Oh, you men, you men! You are not half as generous or chivalrous as you would like us to think. You’re afraid, as the small boy would say—afraid that once the door is opened women will crowd in and minimize your profits and displace you altogether. Can’t you give her a chance, and work out the problem on equal terms?
She has no business to want to be a lawyer, you say. What right have you to decide what she shall or shall not want?
She should be in a home, you assert. Of course she should be, but if she hasn’t got a home, and you are not prepared to supply her with one, what then?
She should study medicine, or nursing; it’s more feminine.
Is it? I tell you, my friend of the law, there are things more hardening to a woman in either of these professions than may be found in all your musty law tomes. There are situations in either far more distressing to a women’s refined feeling than any that the practice of law knows. The doctors have much more reason in their objection than you have.
But the woman won the case, just as she won her first little case this week; just as she will probably win many more in the years to come.
Yet I do not think there is much reason to fear that the gates of the law courts will be broken down by women clamoring for admission.
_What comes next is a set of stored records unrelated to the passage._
-- ===== src/Loraham/Backend/Conf/Keeps.antt =====
-- Reading the CONF socket changes nothing but that socket's input and the line at hand, which stays
-- bounded.
use meshcom_loraham_bridge.Prelude.{
  ◌+◌, ◌≤◌, Bool, true, false, List, [], ◌∷◌, ◌++◌, length, length-append, Bytes, ◌≡◌, ◌⊎◌, inl,
  inr, refl, ltb, ◌==◌, Bool-cases, ltb-false→le, arith,
}
use meshcom_loraham_bridge.Loraham.Link.{Recv, recv_failed, received, chunk_of}
use meshcom_loraham_bridge.Loraham.Backend.{Backend}
use meshcom_loraham_bridge.Loraham.Backend.Conf.{
  scan_lines, Scan, unfinished, got_status, scan_failed, ConfResult, conf_failed, conf_loop,
  after_scan, set_conf, max_conf_line,
}

abbrev pub left_over : Scan → Bytes
left_over (unfinished rest) = rest
left_over (got_status r rest) = rest
left_over (scan_failed rest) = rest

scan_lines_size :
    (awaiting : Bool) (line s : Bytes)
    → length (left_over (scan_lines awaiting line s)) ≤ length line + length s
unfolding scan_lines
scan_lines_size awaiting line [] = omega arith
scan_lines_size awaiting line (c ∷ s) = ground (
  arith,
  scan_lines_size awaiting [] s,
  scan_lines_size awaiting (line ++ c ∷ []) s,
  length-append line (c ∷ []),
)

-- Only the socket's input and the line change, and the line is too long only on a failure.
abbrev pub ConfRun : Backend → ConfResult × Backend → Type 0
ConfRun b (r, c) =
    (reads : List Recv) × (line : Bytes) × (c ≡ set_conf reads line b)
    × ((r ≡ conf_failed) ⊎ (length line ≤ max_conf_line))

after_scan-ConfRun :
    (sc : Scan) (short : Bool) (reads : List Recv) (b : Backend)
    (more : Bytes → ConfResult × Backend)
    → length (left_over sc) ≤ max_conf_line
    → ((rest : Bytes) → length rest ≤ max_conf_line → ConfRun b (more rest))
    → ConfRun b (after_scan sc short reads b more)
unfolding after_scan
after_scan-ConfRun (scan_failed rest) short reads b more h later = (reads, rest, refl, inl refl)
after_scan-ConfRun (got_status r rest) short reads b more h later = (reads, rest, refl, inr h)
after_scan-ConfRun (unfinished rest) true reads b more h later = (reads, rest, refl, inr h)
after_scan-ConfRun (unfinished rest) false reads b more h later = later rest h

pub conf_loop-ConfRun :
    (awaiting : Bool) (reads : List Recv) (b : Backend)
    → length b.conf_line ≤ max_conf_line
    → ConfRun b (conf_loop awaiting reads b)
unfolding conf_loop
conf_loop-ConfRun awaiting [] b h = ([], b.conf_line, refl, inr h)
conf_loop-ConfRun awaiting (recv_failed ∷ reads) b h = (reads, b.conf_line, refl, inl refl)
conf_loop-ConfRun awaiting (received bytes ∷ reads) b h =
    let line = b.conf_line ++ chunk_of bytes in
    elim (Bool-cases (length (chunk_of bytes) == 0)) [
      | inl e ↦ rw e (reads, b.conf_line, refl, inr h)
      | inr e ↦ rw e (elim (Bool-cases (ltb max_conf_line (length line))) [
        | inl e' ↦ rw e' (reads, line, refl, inl refl)
        | inr e' ↦ rw e' (
            after_scan-ConfRun (scan_lines awaiting [] line) _ reads b _
              (omega (arith, scan_lines_size awaiting [] line, ltb-false→le _ _ e'))
              (λ rest le. conf_loop-ConfRun awaiting reads (set_conf reads rest b) le))
      ])
    ]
There has been no woman applicant, I believe, since Miss Martin’s entrance: the study is too dry, too costly, too slow in bringing return, for many women to be attracted by it. Only those who feel really drawn toward it by consciousness of mental fitness, are likely to follow law.
I was present in the Division Court this week, on the morning when Miss Martin won her case, having heard incidentally that she would appear. My knowledge of law courts is of the slimmest, and I was curious to see just how unwomanly her position would be.
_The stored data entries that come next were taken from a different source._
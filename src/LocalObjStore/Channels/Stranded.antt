-- ===== src/LocalObjStore/Channels/Stranded.antt =====
-- Two Gets of go/cmd/localobjstore/main.go for one object: the second replaces the channel in the map,
-- and the first, which receives from the old one, is never reached again.
use babyray.Common.{
  All, All-middle, All-replace, ℕ, ◌+◌, ◌<◌, ◌≤◌, ◌≡◌, ◌≢◌, sym, subst, ap, some-injective, some,
  List, [], ◌∷◌, ◌++◌, ◌==◌, ==_iff, if◌then◌else◌, arith, Bool-cases, inl, inr,
}
use babyray.Common.Dict.{Dict, lookup, insert, lookup-insert}
use babyray.LocalObjStore.Channels.{
  GetPc, asking, receiving, resumed, FoundPc, sending, sent, Rendezvous, Meeting, miss, receive,
  found, meet, Meetings, still, next,
}

-- Nothing sends on the channel, and no entry of the map holds it.
abbrev IsOff : ℕ → FoundPc → Type 0
IsOff channel (sending o callback) = o ≢ some channel
IsOff channel (sent callback) = Unit

pub record IsForgotten (channel : ℕ) (s : Rendezvous) : Type 0 where
  pub old : channel < s.made
  pub unmapped : (uid : ℕ) → lookup uid s.local_object_channels ≢ some channel
  pub unsent : All (IsOff channel) s.founds

-- The Gets that wait on a channel.
abbrev pub waits_on : ℕ → GetPc → ℕ
waits_on channel (asking uid) = 0
waits_on channel (receiving uid c) = if c == channel then 1 else 0
waits_on channel (resumed uid callback) = 0

abbrev pub waiting_on : ℕ → List GetPc → ℕ
waiting_on channel [] = 0
waiting_on channel (p ∷ ps) = waits_on channel p + waiting_on channel ps

waiting_on-replace :
    (channel : ℕ) (before : List GetPc) (p q : GetPc) (after : List GetPc)
    → waits_on channel p ≤ waits_on channel q
    → waiting_on channel (before ++ (p ∷ after)) ≤ waiting_on channel (before ++ (q ∷ after))
waiting_on-replace channel [] p q after le = omega arith
waiting_on-replace channel (x ∷ before) p q after le =
    omega (arith, waiting_on-replace channel before p q after le)

abbrev Stays : ℕ → Rendezvous → Rendezvous → Type 0
Stays channel s t = IsForgotten channel t × (waiting_on channel s.gets ≤ waiting_on channel t.gets)

miss-unmapped :
    (channel made uid v : ℕ) (m : Dict ℕ)
    → channel < made
    → lookup v m ≢ some channel
    → lookup v (insert uid made m) ≢ some channel
miss-unmapped channel made uid v m old unmapped hit =
    let at_v = lookup-insert uid v made m in
    elim (Bool-cases (uid == v)) [
      | inl same ↦
          let eq : made ≡ channel = some-injective _ _ (ground (arith, at_v, hit, same)) in
          omega (arith, eq)
      | inr other ↦ unmapped (ground (arith, at_v, hit, other))
    ]

Meeting-Stays :
    (channel : ℕ) {s t : Rendezvous} → IsForgotten channel s → Meeting s t → Stays channel s t
Meeting-Stays channel {s} {t} h (miss uid e) = subst (Stays channel s) (sym e) (
  record {
    old = omega (arith, h.old);
    unmapped = λ v. miss-unmapped channel s.made uid v s.local_object_channels h.old (h.unmapped v);
    unsent = h.unsent;
  },
  omega arith,
)
Meeting-Stays channel {s} {t} h (receive before after uid c at there e) =
    subst (Stays channel s) (sym e) (
      record { old = h.old; unmapped = h.unmapped; unsent = h.unsent },
      rw at (waiting_on-replace channel before (asking uid) (receiving uid c) after (omega arith)),
    )
Meeting-Stays channel {s} {t} h (found callback e) = subst (Stays channel s) (sym e) (
  record { old = h.old; unmapped = h.unmapped; unsent = (h.unmapped callback.uid, h.unsent) },
  omega arith,
)
Meeting-Stays channel {s} {t} h (meet before after before' after' uid c callback at at' e) =
    let unsent = subst (All (IsOff channel)) at' h.unsent in
    let other = All-middle (IsOff channel) before' (sending (some c) callback) after' unsent in
    subst (Stays channel s) (sym e) (
      record {
        old = h.old;
        unmapped = h.unmapped;
        unsent =
            All-replace (IsOff channel) before' (sending (some c) callback) (sent callback) after'
              unsent tt;
      },
      rw at (
          waiting_on-replace channel before (receiving uid c) (resumed uid callback) after
            elim (Bool-cases (c == channel)) [
              | inl same ↦ absurd (other (ap some ((==_iff c channel).0 same)))
              | inr differ ↦ rw differ (omega arith)
            ]),
    )

-- Where a channel has been replaced in the map and nothing sends on it, no Get that waits on it is
-- ever served: whatever calls of Get and LocationFound follow, at least as many wait on it as before.
pub Meetings-IsForgotten :
    (channel : ℕ) {s t : Rendezvous}
    → IsForgotten channel s
    → Meetings s t
    → IsForgotten channel t × (waiting_on channel s.gets ≤ waiting_on channel t.gets)
Meetings-IsForgotten channel h still = (h, omega arith)
Meetings-IsForgotten channel h (next steps step) =
    let before = Meetings-IsForgotten channel h steps in
    let last = Meeting-Stays channel before.0 step in (last.0, omega (arith, before.1, last.1))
It was not her first appearance: that occurred a week or two ago, when the case was adjourned that she might secure a needful witness. At that time I was told by a lawyer who attended the court that the young men present, the majority being themselves of the profession, indulged in open smiling and underbreath comment.
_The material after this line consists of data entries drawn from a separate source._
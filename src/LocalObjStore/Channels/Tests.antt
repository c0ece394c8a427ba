-- ===== src/LocalObjStore/Channels/Tests.antt =====
-- Two Gets for two objects, one at its receive and one before it.
use babyray.Common.{refl, arith, [], ◌∷◌}
use babyray.Common.Dict.{lookup, insert}
use babyray.Wire.{LocationFoundCallback}
use babyray.LocalObjStore.Channels.{asking, receiving, Rendezvous, miss, receive, no_calls}
use babyray.LocalObjStore.Channels.Served.{
  ServedMeetings, start, step, IsServed, ServedMeetings-resumed,
}

abbrev two_objects : Rendezvous
two_objects = record {
  local_object_channels = (7, 0) ∷ (8, 1) ∷ [];
  made = 2;
  gets = asking 8 ∷ receiving 7 0 ∷ [];
  founds = [];
}

two_objects-reached : ServedMeetings no_calls two_objects
unfolding insert lookup
two_objects-reached =
    step
      (step (step start (miss 7 refl) (λ u. ground arith)) (receive [] [] 7 0 refl refl refl)
        (λ u. ground arith))
      (miss 8 refl) (λ u. ground arith)

abbrev found_eight : LocationFoundCallback
found_eight = record { uid = 8; location = 4; address = []; port = 0 }

ServedMeetings-resumed_example : IsServed two_objects [] 8 found_eight (receiving 7 0 ∷ [])
ServedMeetings-resumed_example =
    ServedMeetings-resumed [] (receiving 7 0 ∷ []) (asking 8) found_eight two_objects-reached refl
      refl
That was gentlemanly conduct toward a young girl whose sole offence was that she had to ask a quiet question or two in the conduct of a case for her firm—wasn’t it? Remember it was a man who told me, one who rather condoned than disapproved of the discourtesy.
On this morning I entered and sat quietly down below the railing among a few onlookers interested in one or two other of the cases. There were a few expectant witnesses, one or two women amongst them, a group of young lawyers or students about a table, a clerk within a railing and the judge in a dress suit up in his chair. There is nothing of official pomp or show about a Division Court.
A young lady, gowned in a pretty brown walking suit, came in quietly and took her seat up within the rail.
The judge swept several cases rapidly off the docket. Then came one of disputed rent. The young lady removed her hat, stepped down before the stand, and in the quietest of voices asked that two witnesses be called, to each of which she put one or two questions bringing out the fact that the defendant had admitted the debt which he now denied.
GARNISHEE AND COST
“Garnishee and cost,” said the judge, briefly, and the young lady put on her hat and walked out. But it was pretty to see the color spring into her cheeks when she heard the judge’s words and knew that she had won this, her first, case for her firm.
Judge Morson’s manner was the perfection of quiet, unmarked courtesy, that the young lawyers would do well to emulate.
It had been so brief a thing that I hardly realized its significant to this young girl, and through her to Canadian women in general, inasmuch as Ontario’s first young woman lawyer had won her first case.